In late 2013, the manufacturer, Cardiovascular Systems Inc., received approval from the U.S. Food and Drug Administration to market the device as a treatment for the worst cases of calcified coronary arteries. “You don’t do this procedure unless you absolutely have to,” Rosen says. Orbital coronary atherectomy is also used in patients with peripheral artery disease. Most candidates are 65 or older, diabetic or have kidney disease. Rosen describes candidates as a “subset of a subset” of people with cardiovascular disease. The first Nanticoke patient, a 67-year-old Seaford man, was a prime candidate for the procedure.
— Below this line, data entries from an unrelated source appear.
-- ===== src/Chain/Text.antt =====
-- Texts as their UTF-8 bytes, with the string operations of Rust's standard library that the code uses.
use Prim.Native.Char.{code}
use Prim.Native.String.{String}
use kaskad_nuntius.Prelude.{
  List, ◌++◌, ℕ, zero, suc, ◌+◌, ◌-◌, ◌*◌, ◌/◌, ◌%◌, ◌^◌, Bool, true, false, ◌&&◌, ◌||◌, [], ◌∷◌,
  Option, none, some, ltb, leb, ◌==◌, nat_eq, if◌then◌else◌,
}
use kaskad_nuntius.Policy.{Bytes}

-- The bytes of an ASCII literal.
abbrev pub ascii : String → Bytes
ascii String.[] = []
ascii (String.◌∷◌ ch s) = code ch ∷ ascii s

-- `strip_prefix("0x")`
unfoldable pub strip_0x : Bytes → Option Bytes
strip_0x [] = none
strip_0x (a ∷ []) = none
strip_0x (a ∷ b ∷ rest) = if a == b'0' && b == b'x' then some rest else none

abbrev pub or_else {ℓ} : {A : Type ℓ} → Option A → A → A
or_else (some a) d = a
or_else none d = d

abbrev in_range : ℕ → ℕ → ℕ → Bool
in_range lo hi b = leb lo b && leb b hi

-- The value of an ASCII hexadecimal digit, in either case.
unfoldable pub hex_value : ℕ → Option ℕ
hex_value b =
    if in_range b'0' b'9' b
    then some (b - b'0')
    else if in_range b'a' b'f' b
    then some (b - b'a' + 10)
    else if in_range b'A' b'F' b
    then some (b - b'A' + 10)
    else none

-- `u8::is_ascii_hexdigit`
unfoldable pub is_ascii_hexdigit : ℕ → Bool
is_ascii_hexdigit b = in_range b'0' b'9' b || in_range b'a' b'f' b || in_range b'A' b'F' b

-- The digits of `from_str_radix(s, 16)` of u64: `none` on another byte and on overflow.
unfoldable pub hex_digits : ℕ → Bytes → Option ℕ
unfolding hex_value
hex_digits acc [] = some acc
hex_digits acc (b ∷ rest) = elim (hex_value b) [
  | none ↦ none
  | some d ↦ if ltb (acc * 16 + d) (2 ^ 64) then hex_digits (acc * 16 + d) rest else none
]

-- `u64::from_str_radix(s, 16)`: no text, and a sign alone, are errors; one leading `+` is skipped.
unfoldable pub u64_from_hex : Bytes → Option ℕ
unfolding hex_digits
u64_from_hex [] = none
u64_from_hex (b ∷ []) = hex_digits 0 (b ∷ [])
u64_from_hex (b ∷ c ∷ rest) =
    if b == b'+' then hex_digits 0 (c ∷ rest) else hex_digits 0 (b ∷ c ∷ rest)

-- `{:x}` of a digit and of a number, the most significant digit first.
unfoldable pub hex_char : ℕ → ℕ
hex_char d = if ltb d 10 then b'0' + d else b'a' + (d - 10)

unfoldable pub hex_text : ℕ → ℕ → Bytes → Bytes
unfolding hex_char
hex_text zero n acc = acc
hex_text (suc fuel) n acc =
    let more = hex_text fuel (n / 16) (hex_char (n % 16) ∷ acc) in
    if ltb n 16 then hex_char n ∷ acc else more

-- The decimal text of a number.
unfoldable pub decimal_text : ℕ → ℕ → Bytes → Bytes
decimal_text zero n acc = acc
decimal_text (suc fuel) n acc =
    let more = decimal_text fuel (n / 10) ((b'0' + n % 10) ∷ acc) in
    if ltb n 10 then (b'0' + n) ∷ acc else more

-- `u64::to_string`: twenty digits are enough for a u64.
unfoldable pub u64_to_text : ℕ → Bytes
unfolding decimal_text
u64_to_text n = decimal_text 20 n []

-- `str::starts_with`
unfoldable pub starts_with : Bytes → Bytes → Bool
starts_with [] s = true
starts_with (p ∷ prefix) [] = false
starts_with (p ∷ prefix) (b ∷ s) = p == b && starts_with prefix s

-- `split` at a character: the part read so far is in front of the rest
unfoldable pub split_on : ℕ → Bytes → Bytes → List Bytes
split_on sep part [] = part ∷ []
split_on sep part (b ∷ rest) = elim (b == sep) [
  | true ↦ part ∷ split_on sep [] rest
  | false ↦ split_on sep (part ++ b ∷ []) rest
]
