-- ===== src/Books.antt =====
-- src/cob_common/mod.rs and src/cob_state/mod.rs: the latest order book of each venue and symbol. An
-- `i64` is its two's-complement word, a number below 2^64, and arithmetic on it wraps. `to_uppercase`
-- of `str` is a parameter. A HashMap is an association list: its order is read by no operation whose
-- result depends on it.
pub mod Symbols
pub mod Selection
pub mod Clearing
pub mod Gate
pub mod Store
pub mod Sweeps
pub mod Anchor
pub mod Ending
mod Tests
use kaskad_nuntius.Prelude.{
  ℕ, ◌+◌, ◌-◌, ◌*◌, ◌/◌, ◌%◌, ◌^◌, Bool, true, false, not, ◌&&◌, List, [], ◌∷◌, ◌++◌, map, Option,
  none, some, ltb, leb, nat_beq, length, get_elem?, filter, ascending, ◌==◌, nat_eq, list_eq,
  if◌then◌else◌,
}
use mathlib.Core.Option
use kaskad_nuntius.Policy.{Bytes}
use kaskad_nuntius.Chain.Text.{ascii}

-- `t > 0` of an i64
unfoldable pub is_positive : ℕ → Bool
is_positive t = ltb 0 t && ltb t (2 ^ 63)

unfoldable pub sub_i64 : ℕ → ℕ → ℕ
sub_i64 a b = (a + (2 ^ 64 - b)) % 2 ^ 64

unfoldable pub abs_i64 : ℕ → ℕ
abs_i64 a = if ltb a (2 ^ 63) then a else 2 ^ 64 - a

unfoldable pub le_i64 : ℕ → ℕ → Bool
le_i64 a b = leb ((a + 2 ^ 63) % 2 ^ 64) ((b + 2 ^ 63) % 2 ^ 64)

pub record PriceLevel (F : Type 0) : Type 0 where
  pub price : F
  pub quantity : F

pub record OrderBookData (F : Type 0) : Type 0 where
  pub exchange_id : Bytes
  pub symbol : Bytes
  pub exchange_timestamp : ℕ
  pub latency : ℕ
  pub bids : List (PriceLevel F)
  pub asks : List (PriceLevel F)

abbrev pub BookMap : Type 0 → Type 0
BookMap F = List (Bytes × OrderBookData F)

-- The shared map and the counter of inserts.
pub record SharedBookState (F : Type 0) : Type 0 where
  pub books : BookMap F
  pub insert_count : ℕ

abbrev pub prune_every_n : ℕ
prune_every_n = 1000

abbrev pub default_max_age_ms : ℕ
default_max_age_ms = 60000

unfoldable pub middle_time : List ℕ → Option ℕ
middle_time [] = none
middle_time (t ∷ ts) = get_elem? (ascending (t ∷ ts)) (length (t ∷ ts) / 2)

unfoldable pub reference_of : List ℕ → Option ℕ
reference_of timestamps = middle_time (filter is_positive timestamps)

-- A difference of two times is at most the age.
unfoldable pub is_within : ℕ → ℕ → ℕ → Bool
is_within max_age reference time = le_i64 (abs_i64 (sub_i64 reference time)) max_age

-- `n` is the counter before the insert.
unfoldable pub is_sweep_due : ℕ → Bool
is_sweep_due n = ltb 0 n && nat_beq (n % prune_every_n) 0

module _ {F : Type 0} where
  unfoldable pub timestamps_of : BookMap F → List ℕ
  timestamps_of books = map (λ e. e.1.exchange_timestamp) books

  unfoldable pub reference_now_ms : BookMap F → Option ℕ
  reference_now_ms books = reference_of (timestamps_of books)

  unfoldable pub keeps : ℕ → ℕ → Bytes × OrderBookData F → Bool
  keeps reference_ms max_age_ms e =
      is_positive e.1.exchange_timestamp && is_within max_age_ms reference_ms e.1.exchange_timestamp

  -- The map without the stale entries, and how many there were.
  unfoldable pub prune_in_place : BookMap F → ℕ → ℕ → BookMap F × ℕ
  prune_in_place books reference_ms max_age_ms =
      let kept = filter (keeps reference_ms max_age_ms) books in (kept, length books - length kept)

  unfoldable pub prune : SharedBookState F → ℕ → SharedBookState F × Option ℕ
  prune st max_age_ms = elim (reference_now_ms st.books) [
    | none ↦ (st, none)
    | some reference_ms ↦
        let swept = prune_in_place st.books reference_ms max_age_ms in
        (record st { books = swept.0 }, some swept.1)
  ]

  unfoldable pub put : Bytes → OrderBookData F → BookMap F → BookMap F
  put key book [] = (key, book) ∷ []
  put key book ((other, old) ∷ rest) =
      if other == key then (key, book) ∷ rest else (other, old) ∷ put key book rest

  -- `format!("{}:{}", book.exchange_id, book.symbol)`
  unfoldable pub book_key : OrderBookData F → Bytes
  book_key book = book.exchange_id ++ 58 ∷ book.symbol

  unfoldable pub sweep_books : BookMap F → BookMap F
  sweep_books books = elim (reference_now_ms books) [
    | none ↦ books
    | some reference_ms ↦ (prune_in_place books reference_ms default_max_age_ms).0
  ]

  unfoldable pub insert_book : SharedBookState F → OrderBookData F → SharedBookState F
  insert_book st book =
      let books = put (book_key book) book st.books in
      record {
        books = if is_sweep_due st.insert_count then sweep_books books else books;
        insert_count = (st.insert_count + 1) % 2 ^ 64;
      }

  -- OrderBookData::is_valid takes the comparisons of `f64`; see Selection.
  unfoldable pub best_bid : OrderBookData F → Option (PriceLevel F)
  best_bid book = get_elem? book.bids 0

  unfoldable pub best_ask : OrderBookData F → Option (PriceLevel F)
  best_ask book = get_elem? book.asks 0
Having undergone two open-heart surgeries, the insertion of several cardiac stents, surgery on his carotid artery and angioplasty in his legs, he was running out of treatments for new arterial blockages, Rosen says. With blood flow increased to the heart immediately by the surgery, the patient told his doctors the pressure he had been feeling in his chest subsided immediately. The procedure will not allow him to live longer, Rosen says, but it will help him live more comfortably.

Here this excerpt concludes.